**Work instructions**: Filter these entries down to lines holding "small".

================================

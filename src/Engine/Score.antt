-- ===== src/Engine/Score.antt =====
-- Bounds of the score of an entry.
use surveillance_hound.Common.{
  ℕ, suc, ◌+◌, ◌/◌, ◌≤◌, max, ◌≡◌, refl, ◌∙◌, false, not, ◌&&◌, List, [], ◌∷◌, arith, if◌then◌else◌,
  All,
}
use surveillance_hound.Core.{Observation, Rule}
use surveillance_hound.Signatures.{cap}
use surveillance_hound.Engine.{tally, tally_rule, Tally, no_tally, total_score, worth}

-- The ceiling never exceeds a bound of every cap.
ceiling-tally :
    (o : Observation) (bound i : ℕ) (rs : List Rule) (t : Tally)
    → All (λ r. cap r o ≤ bound) rs
    → t.ceiling ≤ bound
    → (tally o i rs t).ceiling ≤ bound
unfolding tally tally_rule
ceiling-tally o bound i [] t caps small = small
ceiling-tally o bound i (r ∷ rs) t caps small =
    ceiling-tally o bound (suc i) rs (tally_rule o i r t) caps.1 (ground (arith, caps.0, small))

-- Whatever evidence an entry has, its score is within any bound of its rules' caps for the
-- observation (a contradiction leaves at least one).
pub total_score-le :
    (o : Observation) (bound : ℕ) (rs : List Rule)
    → All (λ r. cap r o ≤ bound) rs
    → total_score o rs ≤ max 1 bound
unfolding total_score
total_score-le o bound rs caps =
    let ceiling = ceiling-tally o bound 0 rs no_tally caps (omega arith) in ground (arith, ceiling)

-- From the third rule on, evidence does not raise the score.
score-tally_rest :
    (o : Observation) (i : ℕ) (rs : List Rule) (t : Tally)
    → 2 ≤ i
    → (tally o i rs t).score ≡ t.score
unfolding tally tally_rule
score-tally_rest o i [] t h = refl
score-tally_rest o i (r ∷ rs) t h =
    score-tally_rest o (suc i) rs (tally_rule o i r t) (omega arith) ∙ ground arith

-- The score of two rules or more, before the ceiling and the penalty.
score-tally :
    (o : Observation) (a b : Rule) (rs : List Rule)
    → (tally o 0 (a ∷ b ∷ rs) no_tally).score
      ≡ worth o a + (if not a.generic && not b.generic then worth o b / 4 else 0)
unfolding tally tally_rule
score-tally o a b rs =
    score-tally_rest o 2 rs (tally_rule o 1 b (tally_rule o 0 a no_tally)) (omega arith)
    ∙ ground arith

-- Without a contradiction, only the two strongest rules count: a score is the first one's worth and
-- at most a quarter of the second's.
pub total_score_second :
    (o : Observation) (a b : Rule) (rs : List Rule)
    → o.contradiction ≡ false
    → total_score o (a ∷ b ∷ rs)
      ≤ worth o a + (if not a.generic && not b.generic then worth o b / 4 else 0)
unfolding total_score
total_score_second o a b rs h = ground (arith, h, score-tally o a b rs)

================================

**Response below**:
ceiling-tally o bound i [] t caps small = small
ceiling-tally o bound i (r ∷ rs) t caps small =
    ceiling-tally o bound (suc i) rs (tally_rule o i r t) caps.1 (ground (arith, caps.0, small))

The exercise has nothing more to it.